(1.) (After setting out the contentions of the parties, his Lordship proceeded:) Now at the date when the suit was filed the defendants were nationals of what then was British India and resided in the British Indian territory, but since the partition of India defendants Nos. 1 to 9 have been residents of territory which is beyond the territory of the Union of India, and I will assume for the purpose of argument that defendants Nos. 1 to 9 are not. residents of the Union of India and may be regarded as non-resident foreigners qua this Court. Again, when the suit was filed some of the properties belonging to the institution were in British India and some were outside British India. Even though the charity was outside the country, the trustees were residing in British India and the management of the trust was also carried on in British India. Since the suit was filed, however, the position of the parties qua this Court has been fundamentally altered. Not only is the charity a foreign charity in the sense that the benefit which was available to the pilgrims when visiting Iraq, was to be obtained by them outside the limits of British India, but even the trustees who are administering the trust are not residents of the territory where the writ of the State under which the Court functions continues to run. The effect of the change is of far-reaching importance to the constitution of the suit. As I will hereafter advert, this Court at the date when the suit was instituted have been in a position to grant directions to defendants Nos. 1 to 9 in personam, and if the plaintiff's case was established, those directions might have been enforced by directing the defendants personally to comply with the orders, but since partition this Court is incompetent to issue even personal directions against the trustees. The defendants have not made this submission in their written statement and have not expressly claimed that this Court is incompetent to proceed with the suit on the ground that the reliefs claimed against them are not capable of being granted by this Court, because they are non-resident foreigners, and that the claim is made by the plaintiffs in respect of a foreign charity. However, even without a formal amendment the argument has been permitted to be raised that the Court is incompetent to try the suit when the defendants are non-resident foreigners and the charity in respect of which a claim for administration is made is a foreign charity.

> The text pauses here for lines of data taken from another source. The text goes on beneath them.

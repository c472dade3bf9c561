-- ===== src/Bencode/RoundTrip.antt =====
-- torrent-protocol.js: `bdecode` reads back what is bencoded, and it ends.
use my.Base.{
  ℕ, zero, suc, ◌+◌, ◌*◌, ◌≤◌, ◌<◌, ◌≡◌, ◌≢◌, refl, sym, ap, ◌∙◌, true, false, Option, none, some,
  List, [], ◌++◌, ◌==◌, length, All, arith,
}
use mathlib.Core.List.{append_assoc, append-nil}
use my.Base.Int.{abs}
use my.Base.Num.{max_safe}
use my.Base.Text.{Text}
use my.Bencode
use my.Bencode.{
  Parse, parsed, out_of_fuel, Node, Value, nil, cons, end, field, string, list, dictionary, follows,
  strings, kind, value_at, at_end, key_name, parse, parse_items, parse_fields, bdecode,
}
use my.Bencode.Ensures.{Ensures-ne-out_of_fuel}
use my.Bencode.Reparse.{reparse}
use my.Bencode.Whole.{Decoded, bdecode-Ensures, bdecode-parsed}
use my.Bencode.Encode.{
  Tree, int, str, seq, dict, Trees, none_left, tree, Pairs, no_pair, pair, encode_string, encode,
  encode_items, encode_pairs, value, nodes, fields, count, count_items, count_pairs,
}
use my.Bencode.Numbers.{digits-Head, parse-int, parse-str}

-- Whatever its bytes and the decoder, `bdecode` ends: it has a value or throws, and the fuel of the model
-- is enough.
pub bdecode-ne-out_of_fuel :
    (decode : List ℕ → Option Text) (bytes : List ℕ) → bdecode decode bytes ≢ out_of_fuel
bdecode-ne-out_of_fuel decode bytes =
    Ensures-ne-out_of_fuel (Decoded decode bytes) (bdecode decode bytes)
      (bdecode-Ensures decode bytes)

module _ (decode : List ℕ → Option Text)
    (ascii : (b : List ℕ) → All (λ c. c < 128) b → decode b ≡ some b) where
  -- Numbers are safe, keys are texts that rise, and no value lies deeper than 8.
  unfoldable mutual
    pub IsGood : ℕ → Tree → Type 0
    IsGood depth (int z) = (depth ≤ 8) × (abs z ≤ max_safe)
    IsGood depth (str b) = (depth ≤ 8) × (length b ≤ max_safe)
    IsGood depth (seq ts) = (depth ≤ 8) × AreGood (suc depth) ts
    IsGood depth (dict ps) = (depth ≤ 8) × RiseGood (suc depth) none ps

    pub AreGood : ℕ → Trees → Type 0
    AreGood depth none_left = Unit
    AreGood depth (tree t ts) = IsGood depth t × AreGood depth ts

    pub RiseGood : ℕ → Option Text → Pairs → Type 0
    RiseGood depth previous no_pair = Unit
    RiseGood depth previous (pair key name t ps) =
        (depth ≤ 8)
        × (length key ≤ max_safe)
        × (decode key ≡ some name)
        × (follows previous name ≡ true)
        × IsGood depth t
        × RiseGood depth (some name) ps

  count_pos : (t : Tree) → 1 ≤ count t
  unfolding count
  count_pos (int z) = omega arith
  count_pos (str b) = omega arith
  count_pos (seq ts) = omega arith
  count_pos (dict ps) = omega arith

  strings-start : (b : ℕ) → kind b ≡ strings → (b == b'e') ≡ false
  unfolding kind
  strings-start b h = ground arith

  string-starts : (b r : List ℕ) → at_end (encode_string b ++ r) ≡ false
  string-starts b r =
      let d = digits-Head decode ascii 15 (length b) in rw d.split (strings-start d.first d.digit)

  encode-starts : (t : Tree) (r : List ℕ) → at_end (encode t ++ r) ≡ false
  unfolding encode
  encode-starts (int z) r = refl
  encode-starts (str b) r = string-starts b r
  encode-starts (seq ts) r = refl
  encode-starts (dict ps) r = refl

  -- One induction on the trees: each is read back from its bytes, whatever follows them.
  mutual
    unfolding IsGood count encode value parse value_at kind

    parse-encode :
        (t : Tree) (g depth n : ℕ) (r : List ℕ)
        → IsGood depth t
        → n + count t ≤ 256
        → 2 * count t ≤ g
        → parse decode g depth (encode t ++ r) n
          ≡ parsed (Bencode.node (value t) (encode t), r, n + count t)
    parse-encode t zero depth n r h room fuel = absurd (omega (arith, count_pos t))
    parse-encode (int z) (suc f) depth n r h room fuel =
        parse-int decode ascii f depth n z r (ground (arith, h.0)) h.1
    parse-encode (str b) (suc f) depth n r h room fuel =
        parse-str decode ascii f depth n b r (ground (arith, h.0)) h.1
    parse-encode (seq ts) (suc f) depth n r h room fuel =
        reparse decode (suc f) f depth b'l' n n (count_items ts) (encode_items ts) r
          (encode (seq ts)) (list (nodes ts)) (omega arith) (omega arith) (ground (arith, h.0)) refl
          (λ j l. rw (items-encode ts j depth (suc n) r h.1 (omega arith) (omega arith)))
    parse-encode (dict ps) (suc f) depth n r h room fuel =
        reparse decode (suc f) f depth b'd' n n (count_pairs ps) (encode_pairs ps) r
          (encode (dict ps)) (dictionary (fields ps)) (omega arith) (omega arith)
          (ground (arith, h.0)) refl
          (λ j l. rw (pairs-encode ps j depth (suc n) none r h.1 (omega arith) (omega arith)))

    items-encode :
        (ts : Trees) (g depth n : ℕ) (r : List ℕ)
        → AreGood (suc depth) ts
        → n + count_items ts ≤ 256
        → suc (2 * count_items ts) ≤ g
        → parse_items decode g depth (encode_items ts ++ r) n
          ≡ parsed (nodes ts, r, n + count_items ts)
    items-encode ts zero depth n r h room fuel = absurd (omega arith)
    items-encode none_left (suc f) depth n r h room fuel =
        let e : n ≡ n + 0 = omega arith in ap (λ k. parsed (nil, r, k)) e
    items-encode (tree t ts) (suc f) depth n r h room fuel =
        rw
          (
            append_assoc (encode t) (encode_items ts) r,
            encode-starts t (encode_items ts ++ r),
            parse-encode t f (suc depth) n (encode_items ts ++ r) h.0 (omega arith)
                (omega (arith, count_pos t)),
            items-encode ts f depth (n + count t) r h.1 (omega arith) (omega (arith, count_pos t)),
          )
          (let e : n + count t + count_items ts ≡ n + (count t + count_items ts) = omega arith in
            ap (λ k. parsed (nodes (tree t ts), r, k)) e)

    pairs-encode :
        (ps : Pairs) (g depth n : ℕ) (previous : Option Text) (r : List ℕ)
        → RiseGood (suc depth) previous ps
        → n + count_pairs ps ≤ 256
        → suc (2 * count_pairs ps) ≤ g
        → parse_fields decode g depth previous (encode_pairs ps ++ r) n
          ≡ parsed (fields ps, r, n + count_pairs ps)
    pairs-encode ps zero depth n previous r h room fuel = absurd (omega arith)
    pairs-encode no_pair (suc f) depth n previous r h room fuel =
        let e : n ≡ n + 0 = omega arith in ap (λ k. parsed (end, r, k)) e
    pairs-encode (pair key name t ps) (suc zero) depth n previous r h room fuel =
        absurd (omega arith)
    pairs-encode (pair key name t ps) (suc (suc f)) depth n previous r h room fuel =
        rw
          (
            append_assoc (encode_string key) (encode t ++ encode_pairs ps) r,
            append_assoc (encode t) (encode_pairs ps) r,
            string-starts key (encode t ++ (encode_pairs ps ++ r)),
            parse-str decode ascii f (suc depth) n key (encode t ++ (encode_pairs ps ++ r))
                (ground (arith, h.0)) h.1,
            h.2,
            h.3,
            parse-encode t (suc f) (suc depth) (n + 1) (encode_pairs ps ++ r) h.4 (omega arith)
                (omega (arith, count_pos t)),
            pairs-encode ps (suc f) depth (n + 1 + count t) (some name) r h.5 (omega arith)
                (omega (arith, count_pos t)),
          )
          (let e : n + 1 + count t + count_pairs ps ≡ n + suc (count t + count_pairs ps) =
              omega arith in
            ap (λ k. parsed (fields (pair key name t ps), r, k)) e)

  -- Data of at most 256 values, none deeper than 8, with dictionaries whose keys are decoded and rise, and
  -- with numbers and lengths that are safe, is read back from its bencoding as it is, each part with its
  -- bytes; by a decoder that leaves ASCII as it is.
  pub bdecode-encode :
      (t : Tree) → IsGood 0 t → count t ≤ 256 → bdecode decode (encode t) ≡ parsed (value t)
  bdecode-encode t h room =
      bdecode-parsed decode (encode t) (Bencode.node (value t) (encode t)) (count t) (
        ap (λ s. parse decode 514 0 s 0) (sym (append-nil (encode t)))
        ∙ parse-encode t 514 0 0 [] h (omega arith) (omega arith)
        ∙ (let e : 0 + count t ≡ count t = omega arith in
            ap (λ k. parsed (Bencode.node (value t) (encode t), [], k)) e))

(2.) Now, some of the properties of the institution, which for the purpose of the present argument I assume is a public trust of a religious or charitable nature, are within the limits of the ordinary original jurisdiction of this Court. It appears, however, that there are several other propertied of the institution which are situate outside the limits of the ordinary original jurisdiction of this Court and some are even outside the territory of the Indian Union, and possibly those properties constitute the bulk of the property of the institution. The question that arises then for decision is: Is this Court competent to entertain a suit for the administration of a charity and for removal of trustees and for appointment of new trustees, when the charity is to all intents and purposes a foreign charity, the management of the charity is carried on in a foreign territory and the trustees are non-resident foreigners, merely because some of the properties which belong to the charity are situate within the territorial jurisdiction of this Court and its income is collected and is required to be applied for purposes of the charity. For the decision of this question I have omitted from consideration the state of things which prevailed when the suit was filed and I have taken into consideration the state of things which exists when this issue as to jurisdiction is sought to be argued. It is obvious that even if this Court had jurisdiction to entertain the suit as filed, if by reason of subsequent events the Court has lost jurisdiction to entertain or try the suit, this Court will not be justified in dealing with the suit with reference to circumstances as they existed at the date of the institution of the suit, but must proceed to decide the dispute on the footing that if the suit had been filed at this date, the Court would have been incompetent to grant the reliefs in respect of the properties and of the persons who are not within the limits of the jurisdiction of this Court. Normally a Court must have regard to circumstances existing as at the date when the issue of jurisdiction is tried and must decide it in the light of circumstances existing as at that date.
(3.) In considering the preliminary issue the Court must look to the averments in the plaint and consider any objections which the defendant may choose to raise against the maintainability of the action on those averments. The question of jurisdiction which is raised by way of a demurrer has always to be decided on the allegations made in the plaint and not on the contentions that the defendant may raise. It is true that if the jurisdiction of the Court depends upon the proof of a fact and the question as to the existence or otherwise of that fact is canvassed, the parties may lead evidence in support of their respective cases before the preliminary issue as to the jurisdiction of the Court is decided. But in the present case there is no scope for recording evidence for arriving at a conclusion as to the existence of any fact on the proof of which alone the Court's jurisdiction depends.